Tuesday, July 18, 2017

Less encouraging


The question on "What kind of person do you want to be?" was the first one I did, and it was the best experience.

That left the beauty audit (which I also wrote about yesterday), the self-compassionate letter to my body, writing about thinking about my body as something that performs rather than appears, but also that other question paired with the first...

"How do you want the world to be different when you leave it?"

That was discouraging because I don't think I can make that much difference. I would like to restore the environment so that global warming is no longer a danger and that this time period does not become the fifth mass extinction. I would like to eliminate racism and poverty. I do not believe I can do these things.

One of the points I wrote about yesterday that did make me feel good is that I do help people now. I know I have an impact on individuals through kindness. I am also aware that my blogging is helpful to some people in terms of helping them figure out ways to say what they want to say, whether that means talking about their feelings and motivations or politics. Without debating the size of the impact, those people will die too. To have an impact that goes beyond the length of our lives seems very unrealistic.

On one level I was prepared for that obstacle. I am constantly aware of how much humans mess up, but also I have a faith that God will heal it, on a schedule that I don't know. Because my religious beliefs include a belief in the great worth of a soul (and each soul), then I do believe that helping an individual matters, for their sakes. Thinking about making the world a better place, though, on a global scale, there I have some doubts.

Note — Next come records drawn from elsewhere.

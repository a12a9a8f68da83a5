-- ===== src/Army/Reload/Counts.antt =====
-- workers/small_map_worker/_army_build_queue_manager.cpp: how many soldiers an entry of redis builds.
use cpp_framework.Prelude.{
  ℕ, zero, suc, ◌+◌, ◌*◌, ◌^◌, ◌≤◌, ◌<◌, ◌≡◌, refl, false, ◌||◌, Option, some, ◌==◌, nat_key, ltb,
  arith,
}
use cpp_framework.Router.Fault.{Result}
use cpp_framework.Router.Returns.{
  Returns, returns, Returns->>=, Returns-weaken, Returns-if, or_fault-Returns,
}
use cpp_framework.Army.State.{SoldierInfoRequest, Arms, Game, Player, arms_at}
use cpp_framework.Army.Queue.{insert_to_builded}
use cpp_framework.Army.Reload.{
  Reload, reload_rounds, after_insert, reload_soldier, reload_soldiers, reload_entry,
}

reload_rounds-short : (n : ℕ) → n < 2 ^ 15 → reload_rounds n ≡ suc n
unfolding reload_rounds
reload_rounds-short n h = ground (arith, h)

after_insert-goes :
    {Db : Type 0}
    → (g : Game Db) (now : ℕ) (P : Reload Db → Type 0) (left : SoldierInfoRequest) (soldier_id : ℕ)
      (o : Option ℕ × Player Db) (q : Player Db) (r : Reload Db)
      (next : Reload Db → Result (Reload Db))
    → o ≡ (some soldier_id, q)
    → Returns P (next (record r { tq = record (r.tq) { is_block = false }; player = q }))
    → Returns P (after_insert g now left o r next)
unfolding after_insert
after_insert-goes g now P left soldier_id o q r next e h = rw e h

module _ {Db : Type 0} (g : Game Db) (built : Db → ℕ) where
  -- The database has room for every soldier, and counts it.
  unfoldable pub HasRoom : Type 0
  HasRoom =
      (soldier_type soldier_level population : ℕ) (db : Db)
      → (soldier_id : ℕ) × (more : Db) × (g.insert_to_builded soldier_type soldier_level population
            db
          ≡ (some soldier_id, more))
        × (built more ≡ suc (built db))

  -- So many soldiers more are built than at the start, and none is queued.
  abbrev pub HasBuilt : ℕ → ℕ → Reload Db → Reload Db → Type 0
  HasBuilt n build_time r t =
      (built (t.player).db ≡ built (r.player).db + n)
      × (t.begun ≡ r.begun + n * build_time)
      × ((t.tq).armys_queue ≡ (r.tq).armys_queue)

  module _ (now : ℕ) (room : HasRoom) where
    insert_to_builded-room :
        (soldier_type soldier_level : ℕ) (a : Arms) (p : Player Db)
        → arms_at g soldier_type soldier_level ≡ some a
        → (soldier_id : ℕ) × (q : Player Db) × (insert_to_builded g now soldier_type soldier_level p
            ≡ (some soldier_id, q))
          × (built q.db ≡ suc (built p.db))
    unfolding insert_to_builded HasRoom
    insert_to_builded-room t l a p e =
        let r = room t l a.population p.db in
        (r.0, record p { db = r.1 }, ground (arith, e, r.2), r.3)

    reload_soldiers-HasBuilt :
        (n : ℕ) (sir : SoldierInfoRequest) (a : Arms) (r : Reload Db)
        → arms_at g sir.soldier_type sir.soldier_level ≡ some a
        → r.begun + n * a.build_time ≤ now
        → Returns (HasBuilt n a.build_time r) (reload_soldiers g now n sir r)
    unfolding reload_soldiers reload_soldier
    reload_soldiers-HasBuilt zero sir a r e h = returns (ground (arith), ground (arith), refl)
    reload_soldiers-HasBuilt (suc n) sir a r e h = Returns->>= (or_fault-Returns _ _ a e) λ b same.
        rw same (
          Returns-if (ltb now (r.begun + a.build_time)) (λ c. absurd (ground (arith, c, h)))
            λ _.
              let i = insert_to_builded-room sir.soldier_type sir.soldier_level a r.player e in
              after_insert-goes g now _ _ i.0 _ i.1 _ _ i.2 (
                Returns-weaken (reload_soldiers-HasBuilt n sir a _ e (ground (arith, h)))
                  λ t w. (ground (arith, w.0, i.3), ground (arith, w.1), w.2)))

    -- An entry of n soldiers, more than none and within a short, whose soldiers and one more are due
    -- before now, of soldiers that the map of arms has: it builds n + 1 soldiers and takes the time of
    -- so many, and queues nothing, when no entry before it was queued and the database has room.
    pub reload_entry-HasBuilt :
        (sir : SoldierInfoRequest) (a : Arms) (r : Reload Db)
        → arms_at g sir.soldier_type sir.soldier_level ≡ some a
        → 0 < sir.soldier_type
        → 0 < sir.soldier_level
        → 0 < sir.soldier_num
        → sir.soldier_num < 2 ^ 15
        → r.insert_directly ≡ false
        → r.begun + suc sir.soldier_num * a.build_time ≤ now
        → Returns (HasBuilt (suc sir.soldier_num) a.build_time r) (reload_entry g now sir r)
    unfolding reload_entry reload_rounds
    reload_entry-HasBuilt sir a r e t l s small d h =
        Returns-if ((sir.soldier_type == 0) || ((sir.soldier_level == 0) || (sir.soldier_num == 0)))
          (λ c. absurd (ground (arith, c, t, l, s)))
          λ _.
            Returns-if r.insert_directly (λ c. absurd (ground (arith, c, d)))
              λ _.
                rw (reload_rounds-short sir.soldier_num small)
                  (reload_soldiers-HasBuilt (suc sir.soldier_num) sir a r e h)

Still, I take questions seriously, almost compulsively so. I had to think about this one. I found three areas of focus.

One of them is more religious, in that I want the family history and temple work for my family caught up before I die. That shouldn't change the world much, as it focuses on those who are already gone. I still believe it's important. Also, it's practical for me to be the one who completes it, because no one in my family is reproducing.

The other two things come from my "47 uses for a billion dollars" thing. I still haven't come up with a full 47, but someday I am going to focus on that and do some pertinent blogging.


Without having completed that yet, there are still two areas that are especially important to me: permaculture and diverse books and movies.

These are topics that speak to my heart and excite my brain, but they are also very reasonable ways of improving this world. Diverse books and movies are important for creating empathy between different people and building acceptance. That would be reason enough, but a beautiful side effect is that working on it encourages individual creativity and self-expression. That is something that makes a better world. If the only thing I can do now is appreciate and recommend diverse works so maybe a few other people check them out to, I will do it. That might not be enough to end racism on its own, but I do believe it's a step in the right direction.

Spreading permaculture would be so good for the environment. You can create carbon sinks and support pollinators, purify water, provide local food, and make a better world. There are so many good applications. Right now, I am just learning about it and not even implementing it on my own land yet, but I hope to create something beautiful here, and inspire other people to try.

Is that encouraging? Not completely. It is realistic. Also, (crucially) this is being true to myself.